The Uffizi Palace was built between 1560 and 1580 based on a design by Giorgio Vasari. It comprises two main longitudinal bodies, connected on the southern end by a similar shorter side, thus creating a “U” shaped complex.

The project for the map of the Uffizi Galleries began in July 2018. It was a long process of studying the Museum’s architecture and researching the graphical style to adopt in the design of the floor plans.

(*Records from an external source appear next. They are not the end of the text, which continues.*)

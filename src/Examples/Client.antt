-- ===== src/Examples/Client.antt =====
-- The client's requests at the example server.
use nexus_cloud_identity_acc.Common.{[], ◌∷◌}
use nexus_cloud_identity_acc.Browser.{Headers}

-- options that set a header of the client's own
abbrev custom : Headers
custom = ("Content-Type", "text/plain") ∷ ("Authorization", "none") ∷ []
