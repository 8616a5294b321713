-- ===== src/Examples/Codes.antt =====
-- One-time codes and the limiter, with a hash and a Redis.
use Prim.Native.String
use nexus_cloud_identity_acc.Common.{
  ℕ, suc, String, true, none, some, List, [], ◌∷◌, ◌≡◌, ◌≢◌, refl, ap, leb, or_else, arith,
  if◌then◌else◌,
}
use nexus_cloud_identity_acc.Common.Maps.{lookup, put, lookup-put_same}
use nexus_cloud_identity_acc.Backend.Base32.{
  base32_decode, encode_to_string, value_of, padded_end, pack,
}
use nexus_cloud_identity_acc.Backend.Totp.{generate_for, verify_secret}
use nexus_cloud_identity_acc.Backend.Totp.SetUp.{generate_for-verify_secret}
use nexus_cloud_identity_acc.Backend.Accounts.{new_memory_user_store}
use nexus_cloud_identity_acc.Backend.Accounts.Handlers.{Server}
use nexus_cloud_identity_acc.Backend.RateLimit.{Redis, missing, counted, rate_limiter, login_key}
use nexus_cloud_identity_acc.Backend.RateLimit.Attempts.{
  Attempt, answers_limited, answers_unlimited, answers_limited-eq, RedisLaws,
}
use nexus_cloud_identity_acc.Examples.Accounts.{bcrypt, jwt, moment}

abbrev pub hmac : List ℕ → List ℕ → List ℕ
hmac key message =
    31 ∷ 134 ∷ 152 ∷ 105 ∷ 14 ∷ 2 ∷ 202 ∷ 22 ∷ 97 ∷ 133 ∷ 80 ∷ 239 ∷ 127 ∷ 25 ∷ 218 ∷ 142 ∷ 148 ∷ 91
    ∷ 85 ∷ 90 ∷ []

generate_for-verify_secret_example :
    (code : String) × (generate_for hmac (encode_to_string (7 ∷ 200 ∷ 31 ∷ [])) 1000 ≡ some code)
    × (String.len code ≡ 6)
    × (verify_secret hmac (encode_to_string (7 ∷ 200 ∷ 31 ∷ [])) code 1029 ≡ some true)
generate_for-verify_secret_example =
    generate_for-verify_secret hmac (λ key message. refl) (7 ∷ 200 ∷ 31 ∷ []) 1000 1029
      (omega arith, (omega arith, (omega arith, tt))) (omega arith) (omega arith) (omega arith)

-- the secret and the code of RFC 6238 at 59 seconds
rfc_secret :
    base32_decode "gezdgnbvgy3tqojqgezdgnbvgy3tqojq"
    ≡ some (
        49 ∷ 50 ∷ 51 ∷ 52 ∷ 53 ∷ 54 ∷ 55 ∷ 56 ∷ 57 ∷ 48 ∷ 49 ∷ 50 ∷ 51 ∷ 52 ∷ 53 ∷ 54 ∷ 55 ∷ 56 ∷ 57
        ∷ 48 ∷ [])
unfolding base32_decode value_of pack
rfc_secret = refl

short_secret : base32_decode " MZXQ " ≡ some (102 ∷ 111 ∷ [])
unfolding base32_decode value_of padded_end pack
short_secret = refl

refused_secret : base32_decode "MZX" ≡ none
unfolding base32_decode value_of padded_end pack
refused_secret = refl

abbrev Counters : Type 0
Counters = List (String × ℕ)

count : String → Counters → ℕ
unfolding lookup
count key r = or_else (lookup key r) 0

redis : Redis Counters
unfolding count put
redis = record {
  get = λ key r. if leb 1 (count key r) then counted (count key r) else missing;
  incr_expire = λ key ttl r. (some (suc (count key r)), put key (suc (count key r)) r);
  del = λ key r. (true, r);
}

redis-RedisLaws : RedisLaws redis count
unfolding redis count
redis-RedisLaws = record {
  reads = λ key r. refl;
  incr_answer = λ key ttl r. refl;
  incr_count =
      λ key ttl r. ap (λ o. or_else o 0) (lookup-put_same key (suc (or_else (lookup key r) 0)) r);
}

abbrev wrong_password : Attempt
wrong_password = (moment, some (record { username = "grace"; password = "wrong" }))

abbrev server : Server
server = record { store = new_memory_user_store; log = [] }

not_limited : (ip : String) → (rate_limiter redis).is_rate_limited ip [] ≢ some true
unfolding rate_limiter redis count lookup
not_limited ip h = cc h

answers_limited-eq_example :
    answers_limited
      (rate_limiter redis)
      jwt
      bcrypt
      (wrong_password ∷ wrong_password ∷ wrong_password ∷ wrong_password ∷ wrong_password
        ∷ wrong_password ∷ [])
      (server, [])
    ≡ answers_unlimited jwt bcrypt
        (wrong_password ∷ wrong_password ∷ wrong_password ∷ wrong_password ∷ wrong_password
          ∷ wrong_password ∷ [])
        server
answers_limited-eq_example =
    answers_limited-eq (rate_limiter redis) jwt bcrypt [] not_limited
      (wrong_password ∷ wrong_password ∷ wrong_password ∷ wrong_password ∷ wrong_password
        ∷ wrong_password ∷ [])
      server

no_count : count (login_key "10.0.0.1:4000") [] ≡ 0
unfolding count lookup
no_count = refl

The challenge for the Uffizi Galleries was to provide a single map that could contain all the valuable information for visitors, routes, and rules in a clear, concise, and usable way for multiple types of visitors simultaneously.

Challenges and objectives

L’Obiettivo

The Uffizi Galleries needed new signage and a simplified and easy-to-read map to be distributed to visitors along with the ticket. 
An overall 2D map of the entire Museum was needed, indicating the entrance of users with booked and unbooked tickets, the accessible entrance, and all the different exits. 
The map also had to show the distribution of the different floors, the recommended and accessibility routes, the open rooms, the necessary information regarding the location of the ticket offices, the services, the stairs, the elevators, the safety indications, the rules, indications of recommended itineraries and information regarding accessibility, opening hours and prices of each Museum (including Palazzo Pitti and Boboli Gardens), and the location of the Museum’s most important works.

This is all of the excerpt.